## Accuracy Heatmaps for AI Models on Math Topics
### Overview
The image displays five heatmaps (color-coded accuracy tables) for different AI models, evaluating performance across seven math topics using four methods. A color scale (0–100% accuracy) is provided, with purple for low accuracy and yellow for high.
### Components/Axes
- **Models**: Five models, each with a table:
- GPT-4o-mini (top-left)
- Gemini 2.0 Flash (top-right)
- Mistral Small 3.2 24B (middle-left)
- Gemma 3 27B (middle-right)
- Llama 4 Maverick (bottom)
- **Rows (Math Topics)**: Algebra, Count. & Prob., Geometry, Inter. Algebra, Number Theory, Prealgebra, Precalculus (vertical axis for each table).
- **Columns (Methods)**: PoT, CR, MACM, IIPC (horizontal axis for each table).
- **Color Scale**: Bottom of the image, gradient from purple (0%) to yellow (100%), labeled *“Accuracy (%)”*.
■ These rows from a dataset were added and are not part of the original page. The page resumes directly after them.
-- ===== src/Mapping/Bridge/Aging.antt =====
-- Every call of AYLink.Web/src/features/inputMapping/inputMappingCommandBridge.ts but the clearing of the keys lets no
-- generation fall.
use aylink_extra.Prelude.{
  ◌+◌, ◌<◌, ℕ, ◌≡◌, inl, inr, refl, arith, List, [], ◌∷◌, Bool, Option, none, some, ◌==◌,
  Bool-cases, if_keeps,
}
use aylink_extra.Prelude.Text.{String}
use aylink_extra.Prelude.Numbers.{Numbers}
use aylink_extra.Mapping.Commands.{
  Touch, InputMappingCommand, touch, touch_repeat, stop_touch_repeat, hid_key_command,
  hid_mouse_button_command, hid_mouse_wheel,
}
use aylink_extra.Mapping.Bridge.{
  InputMappingCommandBridge, Senders, Timer, delayed, tap_once, lift, get_pointer_generation,
  clear_timer, bump_pointer_generation, stop_repeat, RepeatState, stop_state, Option-cases,
  delete_entry, get_entry, touch_cancel, pos,
}
use aylink_extra.Mapping.Bridge.Execution.{
  execute_touch, execute_now, execute_one, execute_all, call_back, clear_handles, stop_all,
  clear_pending_commands, release_pointer_key, has_delay, delay_touch, delete_handle,
}
use aylink_extra.Mapping.Bridge.Ages.{
  Ages, Ages-trans, same-Ages, bumped-Ages, released-Ages, send_touch-Ages, clear_timer-Ages,
  stop_repeat-Ages, tap-Ages, lift_up-Ages, start_repeat-Ages,
}
use aylink_extra.Prelude.Entries.{get_entry-set_entry}

module _ (n : Numbers) (senders : Senders n) where
  execute_now-Ages :
      (c : InputMappingCommand n) (s : InputMappingCommandBridge n)
      → Ages n senders s (execute_now n senders c s).0
  unfolding execute_now execute_touch
  execute_now-Ages (touch t) s =
      send_touch-Ages n senders t.phase t.pointer_key t.point t.pressure s
  execute_now-Ages (hid_key_command phase code) s = same-Ages n senders s _ refl refl refl
  execute_now-Ages (hid_mouse_button_command phase button) s =
      same-Ages n senders s _ refl refl refl
  execute_now-Ages (hid_mouse_wheel delta_y) s = same-Ages n senders s _ refl refl refl
  execute_now-Ages (touch_repeat key point interval_ms down_ms) s =
      start_repeat-Ages n senders key point s
  execute_now-Ages (stop_touch_repeat key) s = stop_repeat-Ages n senders key s

  delay_touch-Ages :
      (t : Touch n) (s : InputMappingCommandBridge n) → Ages n senders s (delay_touch n senders t s)
  delay_touch-Ages t s = record {
    generations = λ key. omega arith;
    next_timer = omega arith;
    waiting = λ id u g k. elim (Bool-cases (s.next_timer == id)) [
      | inl f ↦
          let same : some (delayed t (get_pointer_generation n t.pointer_key s))
              ≡ some (delayed u g) =
            ground (arith, k, f) in
          inr (ground (arith, f), ground (arith, same))
      | inr f ↦ inl (ground (arith, k, f))
    ];
  }

  execute_one-Ages :
      (c : InputMappingCommand n) (s : InputMappingCommandBridge n)
      → Ages n senders s (execute_one n senders c s).0
  unfolding execute_one execute_touch
  execute_one-Ages (touch t) s =
      if_keeps (λ (r : InputMappingCommandBridge n × Bool). Ages n senders s r.0)
        (has_delay n senders t.delay_ms) _ _ (delay_touch-Ages t s)
        (send_touch-Ages n senders t.phase t.pointer_key t.point t.pressure s)
  execute_one-Ages (hid_key_command phase code) s = execute_now-Ages (hid_key_command phase code) s
  execute_one-Ages (hid_mouse_button_command phase button) s =
      execute_now-Ages (hid_mouse_button_command phase button) s
  execute_one-Ages (hid_mouse_wheel delta_y) s = execute_now-Ages (hid_mouse_wheel delta_y) s
  execute_one-Ages (touch_repeat key point interval_ms down_ms) s =
      execute_now-Ages (touch_repeat key point interval_ms down_ms) s
  execute_one-Ages (stop_touch_repeat key) s = execute_now-Ages (stop_touch_repeat key) s

  pub execute_all-Ages :
      (cs : List (InputMappingCommand n)) (s : InputMappingCommandBridge n)
      → Ages n senders s (execute_all n senders cs s).0
  unfolding execute_all
  execute_all-Ages [] s = same-Ages n senders s s refl refl refl
  execute_all-Ages (c ∷ cs) s =
      let m = (execute_one n senders c s).0 in
      Ages-trans n senders s m _ (execute_one-Ages c s) (execute_all-Ages cs m)

  pub call_back-Ages :
      (handle : ℕ) (timer : Option (Timer n)) (s : InputMappingCommandBridge n)
      → Ages n senders s (call_back n senders handle timer s)
  unfolding execute_touch
  call_back-Ages handle none s = same-Ages n senders s s refl refl refl
  call_back-Ages handle (some (delayed t g)) s =
      let a = clear_timer n (some handle) s in
      let b = record a {
        pending_command_handles = delete_handle n senders handle s.pending_command_handles;
      } in
      let h =
        Ages-trans n senders s a b (clear_timer-Ages n senders (some handle) s)
          (same-Ages n senders a b refl refl refl) in
      if_keeps (Ages n senders s) (get_pointer_generation n t.pointer_key s == g) _ _
        (Ages-trans n senders s b _ h
          (send_touch-Ages n senders t.phase t.pointer_key t.point t.pressure b))
        h
  call_back-Ages handle (some (tap_once state key point)) s = tap-Ages n senders state key point s
  call_back-Ages handle (some (lift state key point)) s =
      let a = clear_timer n (some handle) s in
      Ages-trans n senders s a _ (clear_timer-Ages n senders (some handle) s)
        (lift_up-Ages n senders state key point a)

  clear_handles-Ages :
      (handles : List ℕ) (s : InputMappingCommandBridge n)
      → Ages n senders s (clear_handles n senders handles s)
  clear_handles-Ages [] s = same-Ages n senders s s refl refl refl
  clear_handles-Ages (x ∷ xs) s =
      let m = clear_timer n (some x) s in
      Ages-trans n senders s m _ (clear_timer-Ages n senders (some x) s) (clear_handles-Ages xs m)

  stop_all-Ages :
      (entries : List (String × ℕ)) (s : InputMappingCommandBridge n)
      → Ages n senders s (stop_all n senders entries s)
  stop_all-Ages [] s = same-Ages n senders s s refl refl refl
  stop_all-Ages ((key, state) ∷ rest) s =
      let m = stop_repeat n senders key s in
      Ages-trans n senders s m _ (stop_repeat-Ages n senders key s) (stop_all-Ages rest m)

  pub clear_pending_commands-Ages :
      (s : InputMappingCommandBridge n) → Ages n senders s (clear_pending_commands n senders s)
  unfolding clear_pending_commands
  clear_pending_commands-Ages s =
      let a = clear_handles n senders s.pending_command_handles s in
      let b = record a { pending_command_handles = [] } in
      Ages-trans n senders s a _ (clear_handles-Ages s.pending_command_handles s) (
        Ages-trans n senders a b _ (same-Ages n senders a b refl refl refl)
          (stop_all-Ages s.repeat_states b))

  pub release_pointer_key-Ages :
      (key : String) (s : InputMappingCommandBridge n)
      → Ages n senders s (release_pointer_key n senders key s)
  unfolding release_pointer_key
  release_pointer_key-Ages key s =
      let b = bump_pointer_generation n key s in
      Ages-trans n senders s b _ (bumped-Ages n senders key s) (released-Ages n senders key none b)

  -- Raising a generation, and stopping a repeat, which does so.
  bumped-raises :
      (key : String) (s : InputMappingCommandBridge n)
      → get_pointer_generation n key (bump_pointer_generation n key s)
        ≡ get_pointer_generation n key s + 1
  unfolding bump_pointer_generation
  bumped-raises key s =
      ground
        (arith, get_entry-set_entry key (get_pointer_generation n key s + 1) s.pointer_generations)

  stop_state-raises :
      (key : String) (state : RepeatState n) (s : InputMappingCommandBridge n)
      → get_pointer_generation n key s
        < get_pointer_generation n key (stop_state n senders key state s)
  stop_state-raises key state s =
      let a = clear_timer n (some state.interval_handle) s in
      let b = clear_timer n state.up_handle a in
      let c = record b { repeat_states = delete_entry key s.repeat_states } in
      let d = bump_pointer_generation n key c in
      let h =
        Ages-trans n senders s a b (clear_timer-Ages n senders (some state.interval_handle) s)
          (clear_timer-Ages n senders state.up_handle a) in
      let low = h.generations key in
      let up = bumped-raises key c in
      if_keeps
        (λ (x : InputMappingCommandBridge n).
          get_pointer_generation n key s < get_pointer_generation n key x)
        state.is_down _ _
        (omega (
          arith,
          low,
          up,
          (send_touch-Ages n senders touch_cancel key state.point (n.int (pos 0)) d).generations
              key,
        ))
        (omega (arith, low, up, (released-Ages n senders key none d).generations key))

  pub stop_repeat-raises :
      (key : String) (s : InputMappingCommandBridge n)
      → get_pointer_generation n key s < get_pointer_generation n key (stop_repeat n senders key s)
  unfolding stop_repeat
  stop_repeat-raises key s = elim (Option-cases (get_entry key s.repeat_states)) [
    | inl e ↦
        let b = bump_pointer_generation n key s in
        rw (e, stop_repeat)
          (omega (arith, bumped-raises key s, (released-Ages n senders key none b).generations key))
    | inr (id, e) ↦ rw (e, stop_repeat) (stop_state-raises key (s.states id) s)
  ]

  pub release_pointer_key-raises :
      (key : String) (s : InputMappingCommandBridge n)
      → get_pointer_generation n key s
        < get_pointer_generation n key (release_pointer_key n senders key s)
  unfolding release_pointer_key
  release_pointer_key-raises key s =
      let b = bump_pointer_generation n key s in
      omega (arith, bumped-raises key s, (released-Ages n senders key none b).generations key)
### Detailed Analysis (Per Model)
#### GPT-4o-mini
| Topic | PoT | CR | MACM | IIPC |
|----------------|--------|--------|--------|--------|
| Algebra | 94.88 | 91.16 | 89.30 | 95.35 |
| Count. & Prob. | 82.46 | 77.25 | 75.83 | 81.04 |
| Geometry | 68.57 | 62.86 | 63.81 | 67.62 |
| Inter. Algebra | 73.95 | 63.26 | 60.00 | 72.09 |
| Number Theory | 85.15 | 88.61 | 74.75 | 85.64 |
| Prealgebra | 90.70 | 90.23 | 87.38 | 93.02 |
| Precalculus | 72.56 | 62.79 | 57.67 | 72.09 |
#### Gemini 2.0 Flash
| Topic | PoT | CR | MACM | IIPC |
|----------------|--------|--------|--------|--------|
| Algebra | 98.14 | 97.21 | 96.73 | 99.53 |
| Count. & Prob. | 93.36 | 88.15 | 89.10 | 92.89 |
| Geometry | 84.76 | 79.52 | 77.14 | 84.29 |
| Inter. Algebra | 91.63 | 89.30 | 88.37 | 91.16 |
| Number Theory | 92.08 | 96.04 | 95.05 | 98.51 |
| Prealgebra | 96.28 | 94.42 | 94.42 | 97.67 |
| Precalculus | 91.63 | 86.05 | 90.23 | 94.88 |
#### Mistral Small 3.2 24B
| Topic | PoT | CR | MACM | IIPC |
|----------------|--------|--------|--------|--------|
| Algebra | 97.67 | 95.35 | 96.28 | 96.28 |
| Count. & Prob. | 91.00 | 80.57 | 81.99 | 91.00 |
| Geometry | 80.00 | 71.90 | 70.95 | 82.38 |
| Inter. Algebra | 86.51 | 78.14 | 78.14 | 88.84 |
| Number Theory | 96.53 | 92.08 | 88.61 | 94.55 |
| Prealgebra | 93.02 | 90.70 | 91.16 | 94.88 |
| Precalculus | 82.79 | 76.74 | 67.91 | 87.91 |
#### Gemma 3 27B
| Topic | PoT | CR | MACM | IIPC |
|----------------|--------|--------|--------|--------|
| Algebra | 98.14 | 97.21 | 97.67 | 98.60 |
| Count. & Prob. | 87.20 | 82.94 | 82.46 | 86.26 |
| Geometry | 81.90 | 78.10 | 76.19 | 82.38 |
| Inter. Algebra | 83.72 | 82.79 | 82.79 | 88.37 |
| Number Theory | 91.09 | 90.59 | 93.07 | 97.03 |
| Prealgebra | 94.42 | 94.88 | 92.56 | 96.28 |
| Precalculus | 86.51 | 82.79 | 82.33 | 85.12 |
#### Llama 4 Maverick
| Topic | PoT | CR | MACM | IIPC |
|----------------|--------|--------|--------|--------|
| Algebra | 95.81 | 97.21 | 98.14 | 98.60 |
| Count. & Prob. | 91.00 | 91.00 | 92.42 | 91.47 |
| Geometry | 79.52 | 80.00 | 75.24 | 80.48 |
| Inter. Algebra | 83.72 | 80.00 | 84.19 | 87.44 |
| Number Theory | 91.09 | 94.06 | 91.09 | 94.06 |
| Prealgebra | 94.42 | 95.35 | 94.42 | 96.74 |
| Precalculus | 86.98 | 85.12 | 85.12 | 89.77 |
### Key Observations
- **High-Accuracy Topics**: Algebra and Prealgebra consistently show high accuracy (e.g., Gemini 2.0 Flash’s Algebra IIPC=99.53, Llama 4 Maverick’s Prealgebra IIPC=96.74).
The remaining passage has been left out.